The LLVM version, of course, does not make this undefined behavior AFAIK (which is a source of much imprecision)

This C case is actually not legal (it's been discussed before many times).
You cannot take the address of .a field, add an offset, and get to another field legally.
So i wouldn't express it in these terms, since in that language, this is clearly illegal.

The LLVM version, of course, does not make this undefined behavior AFAIK (which is a source of much imprecision)

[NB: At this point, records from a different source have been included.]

-- ===== src/Payments/Requests/Reservation.antt =====
-- payments/payment-requests.service.ts: `create`, and the three methods that it writes through.
use signmons_calldesk_backen.Base.{
  ℕ, Bool, true, false, not, ◌&&◌, ◌||◌, Option, none, some, is_some, when_some, if◌then◌else◌, ltb,
  ◌==◌, Instant, HttpError, conflict, String, [], ◌∷◌,
}
use signmons_calldesk_backen.Base.Text.{Text, Key, text_eq, opt_text_eq, present}
use signmons_calldesk_backen.Base.Audit.{Audit, Detail, user, person}
use signmons_calldesk_backen.Data.Enums.{PaymentStatus, RefundStatus, payment_status_eq}
use signmons_calldesk_backen.Data.Rows.{Job, Payment}
use signmons_calldesk_backen.Payments.Requests.{
  PaymentRequirement, RequirementKind, deposit, service_fee, deposit_and_service_fee,
  expired_or_abandoned, lapsed,
}

pub record CreateRequest : Type 0 where
  pub tenant_id : Key
  pub job_id : Key
  pub actor_id : Key
  pub trace_id : Key
  pub idempotency_key : Text
  pub expected_job_updated_at : Instant

pub record CheckoutRequest : Type 0 where
  pub tenant_id : Key
  pub job_id : Key
  pub payment_request_id : Key
  pub connected_account_id : Key
  pub idempotency_key : Text
  pub amount_total_cents : ℕ
  pub currency : Text
  pub label : String

pub record Checkout : Type 0 where
  pub session_id : Key
  pub payment_intent_id : Option Key
  pub expires_at : Instant
  pub checkout_url : Text

-- `{ tenantId, id, deletedAt: null }`
abbrev pub live_job : Key → Key → Job → Bool
live_job tenant_id job_id j =
    text_eq j.id job_id && text_eq j.tenant_id tenant_id && not (is_some j.deleted_at)

abbrev pub payment_of : Key → Key → Payment → Bool
payment_of tenant_id job_id p = text_eq p.job_id job_id && text_eq p.tenant_id tenant_id

abbrev pub payment_by_id : Key → Key → Payment → Bool
payment_by_id tenant_id id p = text_eq p.id id && text_eq p.tenant_id tenant_id

-- RETRYABLE_PAYMENT_STATUSES
unfoldable pub is_retryable : PaymentStatus → Bool
is_retryable PaymentStatus.failed = true
is_retryable PaymentStatus.canceled = true
is_retryable PaymentStatus.refunded = true
is_retryable _ = false

-- The row that a first request creates.
unfoldable pub new_payment :
    Instant → CreateRequest → Key → Key → Key → PaymentRequirement → Payment
new_payment now input payment_id key_hash account r = record {
  id = payment_id;
  tenant_id = input.tenant_id;
  job_id = input.job_id;
  status = PaymentStatus.pending;
  stripe_payment_intent_id = none;
  stripe_checkout_session_id = none;
  request_key_hash = some key_hash;
  checkout_expires_at = none;
  requested_at = some now;
  stripe_charge_id = none;
  destination_account_id = some account;
  amount_total_cents = r.amount_total_cents;
  application_fee_amount_cents = 0;
  currency = r.currency;
  refund_status = RefundStatus.none;
  refund_amount_cents = none;
  stripe_refund_id = none;
  refund_reason = none;
  updated_at = now;
}

-- The `where` of the reservation: the row as it was read, and retryable, expired or abandoned.
unfoldable pub reservable : Instant → Key → Key → Instant → Payment → Bool
unfolding is_retryable lapsed
reservable now tenant_id id read_at p =
    payment_by_id tenant_id id p
    && p.updated_at == read_at
    && (is_retryable p.status
        || payment_status_eq p.status PaymentStatus.pending
          && lapsed now p.checkout_expires_at p.requested_at)

-- The `data` of the reservation.
unfoldable pub reserve : Instant → Key → Key → PaymentRequirement → Payment → Payment
reserve now key_hash account r p = record p {
  status = PaymentStatus.pending;
  request_key_hash = some key_hash;
  requested_at = some now;
  checkout_expires_at = none;
  stripe_checkout_session_id = none;
  stripe_payment_intent_id = none;
  destination_account_id = some account;
  amount_total_cents = r.amount_total_cents;
  application_fee_amount_cents = 0;
  currency = r.currency;
  refund_status = RefundStatus.none;
  refund_amount_cents = none;
  stripe_refund_id = none;
  refund_reason = none;
  updated_at = now;
}

-- The `where` of `recordCreated` and `recordFailure`: the reservation of this request, with no session.
unfoldable pub reserved : Key → Key → Key → Payment → Bool
reserved tenant_id id key_hash p =
    payment_by_id tenant_id id p
    && opt_text_eq p.request_key_hash (some key_hash)
    && not (is_some p.stripe_checkout_session_id)

unfoldable pub attach_checkout : Instant → Checkout → Payment → Payment
attach_checkout now c p = record p {
  stripe_checkout_session_id = some c.session_id;
  stripe_payment_intent_id = c.payment_intent_id;
  checkout_expires_at = some c.expires_at;
  updated_at = now;
}

unfoldable pub mark_failed : Instant → Payment → Payment
mark_failed now p = record p { status = PaymentStatus.failed; updated_at = now }

abbrev pub kind_name : RequirementKind → String
kind_name deposit = "DEPOSIT"
kind_name service_fee = "SERVICE_FEE"
kind_name deposit_and_service_fee = "DEPOSIT_AND_SERVICE_FEE"

-- The audit entries of `recordCreated` and `recordFailure`.
unfoldable pub request_audit :
    CreateRequest → String → Key → PaymentRequirement → String → String × Detail → Audit
request_audit input action payment_id r status last = record {
  tenant_id = input.tenant_id;
  action = action;
  actor_type = user;
  actor_id = person input.actor_id;
  entity_type = "Payment";
  entity_id = payment_id;
  metadata =
      ("jobId", Detail.text input.job_id)
      ∷ ("requestKind", Detail.word (kind_name r.kind))
      ∷ ("amountTotalCents", Detail.amount r.amount_total_cents)
      ∷ ("currency", Detail.text r.currency)
      ∷ ("status", Detail.word status)
      ∷ last
      ∷ [];
  trace_id = some input.trace_id;
}

-- `job.payment?.requestKeyHash === requestKeyHash`
abbrev pub same_request : Key → Payment → Bool
same_request key_hash p = opt_text_eq p.request_key_hash (some key_hash)

abbrev pub is_pending : Payment → Bool
is_pending p = payment_status_eq p.status PaymentStatus.pending

-- The request that asks again for the link it was given, which is still open.
unfoldable pub is_replay : Instant → Key → Payment → Bool
is_replay now key_hash p =
    same_request key_hash p
    && is_pending p
    && present p.stripe_checkout_session_id
    && when_some p.checkout_expires_at (λ t. ltb now t)

-- The refusals of `create` that look at the payment as it was read.
unfoldable pub refusal : Instant → Key → Payment → Option HttpError
unfolding is_replay expired_or_abandoned
refusal now key_hash p =
    if payment_status_eq p.status PaymentStatus.succeeded
    then some (conflict "Required payment has already succeeded.")
    else if same_request key_hash p
        && present p.stripe_checkout_session_id
        && not (is_replay now key_hash p)
    then some (conflict "The payment link is not active. Create a new request key to retry.")
    else if is_pending p && not (same_request key_hash p) && not (expired_or_abandoned now p)
    then some (conflict "An active payment request already exists for this job.")
    else none
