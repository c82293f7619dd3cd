-- ===== src/Dispatch/Postal.antt =====
-- jobs/routing.service.ts: `postalCode`, the code of a job's address.
use signmons_calldesk_backen.Base.{
  ℕ, Bool, true, false, not, ◌&&◌, ◌||◌, Option, none, some, when_some, if◌then◌else◌, leb, ◌==◌,
  [], ◌∷◌, take,
}
use signmons_calldesk_backen.Base.Text.{Text, codes, is_digit}
use signmons_calldesk_backen.Base.Json.{
  Json, Items, null, str, arr, obj, nil, cons, record_of, prop, is_text,
}

-- `value ?? next`, on the fields of a record: null counts as missing.
abbrev given : Option Json → Option Json → Option Json
given none next = next
given (some null) next = next
given (some v) next = some v

abbrev includes_text : Text → Items → Bool
includes_text t nil = false
includes_text t (cons v vs) = is_text (some v) t || includes_text t vs

abbrev pub items_of : Option Json → Option Items
items_of (some (arr vs)) = some vs
items_of _ = none

-- `components.find(...)`: the first component whose types include "postal_code"
abbrev postal_component : Items → Option Json
postal_component nil = none
postal_component (cons v vs) =
    if when_some (items_of (prop (record_of (some v)) "types"))
      (includes_text (codes "postal_code"))
    then some v
    else postal_component vs

abbrev is_word : ℕ → Bool
is_word c = is_digit c || leb b'A' c && leb c b'Z' || leb b'a' c && leb c b'z' || c == b'_'

abbrev ends_word : Text → Bool
ends_word [] = true
ends_word (c ∷ s) = not (is_word c)

-- Five digits at the start, with no word character behind.
abbrev zip_here : Text → Bool
zip_here (a ∷ b ∷ c ∷ d ∷ e ∷ rest) =
    is_digit a && is_digit b && is_digit c && is_digit d && is_digit e && ends_word rest
zip_here _ = false

-- `formatted.match(/\b\d{5}(?:-\d{4})?\b/)?.[0].slice(0, 5)`: where the longer form does not end a word,
-- the shorter one does, as a dash follows it. The first argument says whether a word character stands
-- before.
unfoldable pub zip_in : Bool → Text → Option Text
zip_in inside [] = none
zip_in inside (c ∷ s) =
    let rest = zip_in (is_word c) s in
    if not inside && zip_here (c ∷ s) then some (take 5 (c ∷ s)) else rest

abbrev first_five : Option Json → Option Text
first_five (some (str t)) = some (take 5 t)
first_five _ = none

-- The postal code that the components name.
unfoldable pub component_code : Json → Option Text
component_code (arr vs) = of_item (postal_component vs)
  where
    of_item : Option Json → Option Text
    of_item none = none
    of_item (some v) =
        let item = record_of (some v) in
        first_five (
          given (prop item "long_name")
            (given (prop item "longName") (given (prop item "short_name") (prop item "shortName"))))
component_code (obj fs) = first_five (
    given (prop (some fs) "postalCode")
      (given (prop (some fs) "postal_code") (prop (some fs) "zip")))
component_code _ = none

abbrev or_else : Option Text → Option Text → Option Text
or_else none next = next
or_else (some t) next = some t

unfoldable pub postal_code : Json → Text → Option Text
unfolding component_code zip_in
postal_code components formatted = or_else (component_code components) (zip_in false formatted)
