-- ===== src/Dispatch/Routing.antt =====
-- jobs/routing.service.ts: `evaluateJob`, the rule that a job falls under. The queries' answers are given
-- in the order that the service asks for, and the local weekday and hour of a time come from the engine.
pub mod Matching
use signmons_calldesk_backen.Base.{
  ℕ, ◌≤◌, Bool, true, false, not, ◌&&◌, ◌||◌, Option, none, some, is_some, coalesce, when_some,
  if◌then◌else◌, leb, ltb, ◌==◌, Instant, Result, ok, err, not_found, String, List, [], ◌∷◌, ◌++◌,
  map, take, filter, find, any,
}
use signmons_calldesk_backen.Base.Text.{Text, Key, codes, text_eq, truthy, is_digit, one_of}
use signmons_calldesk_backen.Base.Json.{
  Json, Items, null, str, arr, obj, nil, cons, record_of, prop, text_of, is_text,
}
use signmons_calldesk_backen.Dispatch.Postal.{items_of, postal_code}
use signmons_calldesk_backen.Data.Enums.{urgency_eq, JobUrgency}
use signmons_calldesk_backen.Data.Rows.{Job}

pub data RoutingTimeScope : Type 0 where
  any_time business_hours after_hours : RoutingTimeScope

pub data ServiceAreaType : Type 0 where
  zip radius polygon : ServiceAreaType

pub record ServiceArea : Type 0 where
  pub id : Key
  pub is_active : Bool
  pub type : ServiceAreaType
  pub definition : Json

-- A rule with its area.
pub record RoutingRule : Type 0 where
  pub id : Key
  pub tenant_id : Key
  pub name : Text
  pub is_active : Bool
  pub priority : ℕ
  pub service_category_id : Option Key
  pub service_area : Option ServiceArea
  pub urgency : Option JobUrgency
  pub time_scope : RoutingTimeScope
  pub require_available : Bool
  pub require_on_call : Bool
  pub escalate_to_owner : Bool
  pub escalate_to_on_call : Bool

pub data UserRole : Type 0 where
  owner admin dispatcher tech read_only : UserRole

-- The columns of a user that the escalation reads.
pub record Contact : Type 0 where
  pub id : Key
  pub tenant_id : Key
  pub is_active : Bool
  pub full_name : Text
  pub role : UserRole
  pub is_on_call : Bool

pub data EscalationReason : Type 0 where
  owner on_call : EscalationReason

pub record EscalationStep : Type 0 where
  pub user_id : Key
  pub full_name : Text
  pub role : UserRole
  pub reason : EscalationReason

pub data RoutingReason : Type 0 where
  in_business_hours in_after_hours no_routing_rule_configured : RoutingReason
  service_area_out_of_coverage routing_rule_matched service_area_matched : RoutingReason
  owner_escalation on_call_escalation : RoutingReason

pub record RoutingEvaluation : Type 0 where
  pub job_id : Key
  pub is_business_hours : Bool
  pub postal_code : Option Text
  pub covered : Bool
  pub matched_rule : Option RoutingRule
  pub require_available : Bool
  pub require_on_call : Bool
  pub reason_codes : List RoutingReason
  pub reasons : List String
  pub escalation_path : List EscalationStep

-- `timeScope`: the weekday in English, in three letters, and the hour.
unfoldable pub is_business_time : Text × ℕ → Bool
unfolding one_of
is_business_time (weekday, hour) =
    not (one_of weekday (codes "Sat" ∷ codes "Sun" ∷ [])) && leb 8 hour && ltb hour 18

abbrev is_zip : ServiceAreaType → Bool
is_zip zip = true
is_zip _ = false

abbrev lists_code : Text → Items → Bool
lists_code code nil = false
lists_code code (cons (str t) vs) = text_eq (take 5 t) code || lists_code code vs
lists_code code (cons v vs) = lists_code code vs

unfoldable pub area_contains : ServiceArea → Option Text → Bool
unfolding text_eq
area_contains a none = false
area_contains a (some code) =
    a.is_active
    && is_zip a.type
    && truthy code
    && when_some (items_of (prop (record_of (some a.definition)) "postalCodes")) (lists_code code)

abbrev covers_time : RoutingTimeScope → Bool → Bool
covers_time any_time business = true
covers_time business_hours business = business
covers_time after_hours business = not business

-- `!rule.field || rule.field === value`
abbrev unset_or : {A : Type 0} → (A → Bool) → Option A → Bool
unset_or p none = true
unset_or p (some a) = p a

-- The rule applies to the job by its service, its urgency and its time.
unfoldable pub is_base_match : Job → Bool → RoutingRule → Bool
is_base_match j business r =
    unset_or (λ id. not (truthy id) || text_eq id j.service_category_id) r.service_category_id
    && unset_or (λ u. urgency_eq u j.urgency) r.urgency
    && covers_time r.time_scope business

unfoldable pub in_area : Option Text → RoutingRule → Bool
unfolding area_contains
in_area code r = unset_or (λ a. area_contains a code) r.service_area

abbrev is_emergency : JobUrgency → Bool
is_emergency JobUrgency.emergency = true
is_emergency _ = false

-- `{ role: { in: [OWNER, ADMIN] } }`
abbrev is_owner_role : UserRole → Bool
is_owner_role UserRole.owner = true
is_owner_role admin = true
is_owner_role _ = false

unfoldable pub escalates_to : Key → RoutingRule → Contact → Bool
escalates_to tenant_id r u =
    text_eq u.tenant_id tenant_id
    && u.is_active
    && (r.escalate_to_owner && is_owner_role u.role || r.escalate_to_on_call && u.is_on_call)

unfoldable pub escalation_step : RoutingRule → Contact → EscalationStep
escalation_step r u = record {
  user_id = u.id;
  full_name = u.full_name;
  role = u.role;
  reason = if u.is_on_call && r.escalate_to_on_call then on_call else EscalationReason.owner;
}

abbrev escalation_path : Key → Bool → List Contact → Option RoutingRule → List EscalationStep
escalation_path tenant_id emergency users none = []
escalation_path tenant_id emergency users (some r) =
    if emergency then map (escalation_step r) (filter (escalates_to tenant_id r) users) else []

abbrev reason_label : RoutingReason → String
reason_label in_business_hours = "Service window is during business hours"
reason_label in_after_hours = "Service window is after hours"
reason_label no_routing_rule_configured =
    "No matching tenant rule; safe default availability policy applies"
reason_label service_area_out_of_coverage =
    "Address is outside every applicable active service area"
reason_label routing_rule_matched = "Highest-priority applicable routing rule matched"
reason_label service_area_matched = "Address postal code is inside the configured service area"
reason_label owner_escalation = "Emergency escalation includes an owner or administrator"
reason_label on_call_escalation = "Emergency escalation includes on-call personnel"

abbrev only_if : {A : Type 0} → Bool → A → List A
only_if true a = a ∷ []
only_if false a = []

abbrev is_nil : {A : Type 0} → List A → Bool
is_nil [] = true
is_nil (_ ∷ _) = false

-- `reasonCodes`, in the order of the pushes
unfoldable pub routing_reasons : Bool → Bool → Bool → Option RoutingRule → List RoutingReason
routing_reasons business emergency unruled matched =
    (if business then in_business_hours else in_after_hours)
      ∷ (if unruled then no_routing_rule_configured ∷ [] else of_match matched)
    ++ (only_if (emergency && when_some matched (λ r. r.escalate_to_owner)) owner_escalation
        ++ only_if (emergency && when_some matched (λ r. r.escalate_to_on_call)) on_call_escalation)
  where
    of_match : Option RoutingRule → List RoutingReason
    of_match none = service_area_out_of_coverage ∷ []
    of_match (some r) = routing_rule_matched ∷ only_if (is_some r.service_area) service_area_matched

-- What is known of the job's time and place: the business hours and the postal code.
pub record Place : Type 0 where
  pub is_business_hours : Bool
  pub postal_code : Option Text

-- `rules` are the tenant's rules and `users` its users, each in the order of the query.
unfoldable pub active_rules : Key → List RoutingRule → List RoutingRule
active_rules tenant_id = filter (λ r. text_eq r.tenant_id tenant_id && r.is_active)

unfoldable pub base_matches : Key → Job → Place → List RoutingRule → List RoutingRule
unfolding active_rules is_base_match
base_matches tenant_id j place rules =
    filter (is_base_match j place.is_business_hours) (active_rules tenant_id rules)

unfoldable pub evaluate_found :
    Key → Job → Place → List RoutingRule → List Contact → RoutingEvaluation
unfolding base_matches in_area routing_reasons escalation_step escalates_to
evaluate_found tenant_id j place rules users =
    let base = base_matches tenant_id j place rules in
    let matched = find (in_area place.postal_code) base in
    let emergency = is_emergency j.urgency in
    let codes = routing_reasons place.is_business_hours emergency (is_nil base) matched in
    record {
      job_id = j.id;
      is_business_hours = place.is_business_hours;
      postal_code = place.postal_code;
      covered = is_nil base || is_some matched;
      matched_rule = matched;
      require_available = required true (λ r. r.require_available) matched;
      require_on_call = required false (λ r. r.require_on_call) matched;
      reason_codes = codes;
      reasons = map reason_label codes;
      escalation_path = escalation_path tenant_id emergency users matched;
    }
  where
    required : Bool → (RoutingRule → Bool) → Option RoutingRule → Bool
    required d f none = d
    required d f (some r) = f r

-- The address of a job: its components and its text.
pub record Address : Type 0 where
  pub components : Json
  pub formatted : Text

abbrev pub place_of : (Instant → Text × ℕ) → Instant → Address → Job → Place
place_of local_time now address j = record {
  is_business_hours = is_business_time (local_time (coalesce j.service_window_start now));
  postal_code = postal_code address.components address.formatted;
}

-- `evaluateJob`, with the answer of the query for the job.
unfoldable pub evaluate_job :
    (Instant → Text × ℕ)
    → (Job → Address)
    → Instant
    → Key
    → List RoutingRule
    → List Contact
    → Option Job
    → Result RoutingEvaluation
unfolding evaluate_found is_business_time postal_code
evaluate_job local_time address now tenant_id rules users none =
    err (not_found "Routing job was not found.")
evaluate_job local_time address now tenant_id rules users (some j) =
    ok (evaluate_found tenant_id j (place_of local_time now (address j) j) rules users)
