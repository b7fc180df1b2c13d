-- ===== src/Privilege.antt =====
-- sandbox/hart.h, hart_def.h and csr.h: the fields of `struct hart` behind the privileged
-- instructions. The emulator of programs keeps this code and registers no CSR.
pub mod Tlb
pub mod Trap
pub mod Csr
pub mod Supervisor
pub mod Callback
mod Tests
pub mod Flush
pub mod WpriMask
pub mod StatusFields
pub mod Views
pub mod Walk
use hyrule.Prelude.{ℕ, ◌+◌, ◌^◌, ◌<◌, ◌≤◌, ◌≡◌, ◌⊎◌, Option}
use hyrule.Cache.{TranslationCache}
use hyrule.Cache.Memory.{Array}
use hyrule.Privilege.Tlb.{TlbEntry}

-- `struct status_control_blob`.
pub record Status : Type 0 where
  pub uie : ℕ
  pub sie : ℕ
  pub mie : ℕ
  pub upie : ℕ
  pub spie : ℕ
  pub mpie : ℕ
  pub spp : ℕ
  pub mpp : ℕ

-- `csrs` is the field `csr_blob` of each entry behind `csrs_base`; the three interrupt blobs are
-- their `dword`.
pub record PrivilegedHart : Type 0 where
  pub registers : Array ℕ
  pub pc : ℕ
  pub hart_id : ℕ
  pub cache : TranslationCache
  pub csrs : Array ℕ
  pub idelegation : ℕ
  pub ienable : ℕ
  pub ipending : ℕ
  pub status : Status
  pub privilege_level : ℕ
  pub itlb : Array TlbEntry
  pub dtlb : Array TlbEntry
  pub itlb_cap : ℕ
  pub dtlb_cap : ℕ
  pub tsc : ℕ

abbrev pub privilege_level_user : ℕ
privilege_level_user = 0

abbrev pub privilege_level_supervisor : ℕ
privilege_level_supervisor = 1

abbrev pub privilege_level_machine : ℕ
privilege_level_machine = 3

-- One of the levels but the reserved one.
abbrev pub IsLevel : ℕ → Type 0
IsLevel level = (level ≤ 1) ⊎ (level ≡ 3)
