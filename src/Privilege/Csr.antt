-- ===== src/Privilege/Csr.antt =====
-- sandbox/csr.h, csr_machine_level.c, csr_machine_level_pmp.c, csr_misc.c, csr_supervisor_level.c and
-- csr_representation.c: the control and status registers. Logging is left out.
use hyrule.Prelude.{ℕ, ◌+◌, ◌-◌, ◌*◌, ◌/◌, ◌%◌, ◌^◌, bit_and, bit_or}
use hyrule.Prelude.{Option, none, some}
use hyrule.Cache.Memory.{store}
use hyrule.Privilege.{PrivilegedHart}

abbrev pub wpri_mask_all : ℕ
wpri_mask_all = 2 ^ 32 - 1

-- `struct csr_entry`, the blob apart; a callback that is a null pointer is `none`. A callback gets
-- the entry by its address.
pub record CsrEntry : Type 0 where
  pub wpri_mask : ℕ
  pub write : Option (PrivilegedHart → ℕ → PrivilegedHart)
  pub read : Option (PrivilegedHart → PrivilegedHart × ℕ)
  pub reset : Option (PrivilegedHart → PrivilegedHart)

-- `csr->csr_blob = value` and `return csr->csr_blob`.
abbrev pub write_blob : ℕ → PrivilegedHart → ℕ → PrivilegedHart
write_blob address h value = record h { csrs = store h.csrs address value }

abbrev pub read_blob : ℕ → PrivilegedHart → PrivilegedHart × ℕ
read_blob address h = (h, h.csrs address)

-- The entries whose callbacks are these two, and whose reset clears the blob.
abbrev pub blob_entry : ℕ → ℕ → CsrEntry
blob_entry address mask = record {
  wpri_mask = mask;
  write = some (write_blob address);
  read = some (read_blob address);
  reset = some (λ h. write_blob address h 0);
}

abbrev pub mscratch_csr_entry : CsrEntry
mscratch_csr_entry = record (blob_entry 0x340 wpri_mask_all) { reset = none }

abbrev pub misa_csr_entry : CsrEntry
misa_csr_entry = record {
  wpri_mask = wpri_mask_all;
  write = some (λ h value. h);
  read = some (read_blob 0x301);
  reset = some (λ h. write_blob 0x301 h (2 ^ 0 + 2 ^ 8 + 2 ^ 12 + 2 ^ 18 + 2 ^ 20 + 2 ^ 30));
}

abbrev pub mvendorid_csr_entry : CsrEntry
mvendorid_csr_entry = record {
  wpri_mask = wpri_mask_all;
  write = none;
  read = some (read_blob 0xf11);
  reset = some (λ h. write_blob 0xf11 h 0x60a);
}

abbrev pub mhartid_csr_entry : CsrEntry
mhartid_csr_entry = record {
  wpri_mask = wpri_mask_all;
  write = none;
  read = some (λ h. (h, h.hart_id));
  reset = none;
}

abbrev pub mtvec_csr_entry : CsrEntry
mtvec_csr_entry = blob_entry 0x305 0xfffffffd

abbrev pub mcounteren_csr_entry : CsrEntry
mcounteren_csr_entry = blob_entry 0x306 wpri_mask_all

abbrev pub mie_csr_entry : CsrEntry
mie_csr_entry = record {
  wpri_mask = 0x00000aaa;
  write = some (λ h value. record h { ienable = value });
  read = some (λ h. (h, h.ienable));
  reset = some (λ h. record h { ienable = 0 });
}

unfoldable pub csr_mip_write : PrivilegedHart → ℕ → PrivilegedHart
csr_mip_write h value = record h {
  ipending = bit_or (bit_and value 0xfffff777) (bit_and h.ipending 0x888);
}

abbrev pub mip_csr_entry : CsrEntry
mip_csr_entry = record {
  wpri_mask = 0x00000aaa;
  write = some csr_mip_write;
  read = some (λ h. (h, h.ipending));
  reset = some (λ h. record h { ipending = 0 });
}

abbrev pub medeleg_csr_entry : CsrEntry
medeleg_csr_entry = blob_entry 0x302 0xfffff7ff

abbrev pub mideleg_csr_entry : CsrEntry
mideleg_csr_entry = record {
  wpri_mask = 0x00000222;
  write = some (λ h value. record h { idelegation = value });
  read = some (λ h. (h, h.idelegation));
  reset = some (λ h. record h { idelegation = 0 });
}

-- `(value >> k) & 0x1`.
abbrev pub bit_at : ℕ → ℕ → ℕ
bit_at k value = bit_and (value / 2 ^ k) 0x1

unfoldable pub csr_mstatus_write : PrivilegedHart → ℕ → PrivilegedHart
csr_mstatus_write h value = record h {
  status = record {
    uie = bit_at 0 value;
    sie = bit_at 1 value;
    mie = bit_at 3 value;
    upie = bit_at 4 value;
    spie = bit_at 5 value;
    mpie = bit_at 7 value;
    spp = bit_at 8 value;
    mpp = bit_and (value / 2 ^ 11) 0x3;
  };
}

-- `dword |= ((uint32_t)field) << k`, one field behind the other.
unfoldable pub csr_mstatus_read : PrivilegedHart → ℕ
csr_mstatus_read h =
    let s = h.status in
    let low = bit_or (bit_or (bit_or 0 (s.uie * 2 ^ 0)) (s.sie * 2 ^ 1)) (s.mie * 2 ^ 3) in
    let middle = bit_or (bit_or (bit_or low (s.upie * 2 ^ 4)) (s.spie * 2 ^ 5)) (s.mpie * 2 ^ 7) in
    bit_or (bit_or middle (s.spp * 2 ^ 8)) (s.mpp * 2 ^ 11)

abbrev pub mstatus_csr_entry : CsrEntry
mstatus_csr_entry = record {
  wpri_mask = 0x000019aa;
  write = some csr_mstatus_write;
  read = some (λ h. (h, csr_mstatus_read h));
  reset = some (λ h. write_blob 0x300 h 0);
}

abbrev pub mepc_csr_entry : CsrEntry
mepc_csr_entry = blob_entry 0x341 wpri_mask_all

abbrev pub mcause_csr_entry : CsrEntry
mcause_csr_entry = blob_entry 0x342 wpri_mask_all

abbrev pub mtval_csr_entry : CsrEntry
mtval_csr_entry = blob_entry 0x343 wpri_mask_all

abbrev pub pmpaddr_csr_entry : ℕ → CsrEntry
pmpaddr_csr_entry idx = blob_entry (0x3b0 + idx) wpri_mask_all

abbrev pub pmpcfg_csr_entry : ℕ → CsrEntry
pmpcfg_csr_entry idx = blob_entry (0x3a0 + idx) wpri_mask_all

-- `host_tsc` is what the host's rdtsc gives.
abbrev pub time_csr_entry : ℕ → CsrEntry
time_csr_entry host_tsc = record {
  wpri_mask = wpri_mask_all;
  write = some (λ h value. h);
  read = some (λ h. (record h { tsc = host_tsc }, host_tsc % 2 ^ 32));
  reset = none;
}

abbrev pub timeh_csr_entry : CsrEntry
timeh_csr_entry = record {
  wpri_mask = wpri_mask_all;
  write = some (λ h value. h);
  read = some (λ h. (h, h.tsc / 2 ^ 32 % 2 ^ 32));
  reset = none;
}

Hi @dberlin. Thanks for the comments. So it's a language restriction which is illegal! Would you mind point me out which rule in C99 mention this restriction or the threads relative to this topic we could follow?

Ultimately the undefined behavior comes out of section 6.5.6 of the C standard: "If both the pointer operand and the result point to elements of the same array object, or one past the last element of the array object, the evaluation shall not produce an overflow; otherwise, the behavior is undefined."

The LLVM version, of course, does not make this undefined behavior AFAIK (which is a source of much imprecision)

I agree. I believe this is UB in C/C++, but is well defined at the IR level (and, thus, we should still fix this).

shiva0217 updated this revision to Diff 142361.EditedApr 13 2018, 2:28 AM

Hi @dberlin, @efriedma, @hfinkel,

I have found some discussion about the memory layout of the structural member.
It couldn't guarantee due to the padding and alignment are according to CPU target and not restrict in C language.
So pointer arithmetic for structure member will produce undefined behavior.
Thanks for pointing me out this.

Still, @hfinkel's point seems reasonable because GEP has well defined its behavior.
So should we return MayAlias in this case?

efriedma accepted this revision.Apr 13 2018, 11:54 AM

LGTM.

Yes, this patch is correct.

This revision is now accepted and ready to land.Apr 13 2018, 11:54 AM
This revision was automatically updated to reflect the committed changes.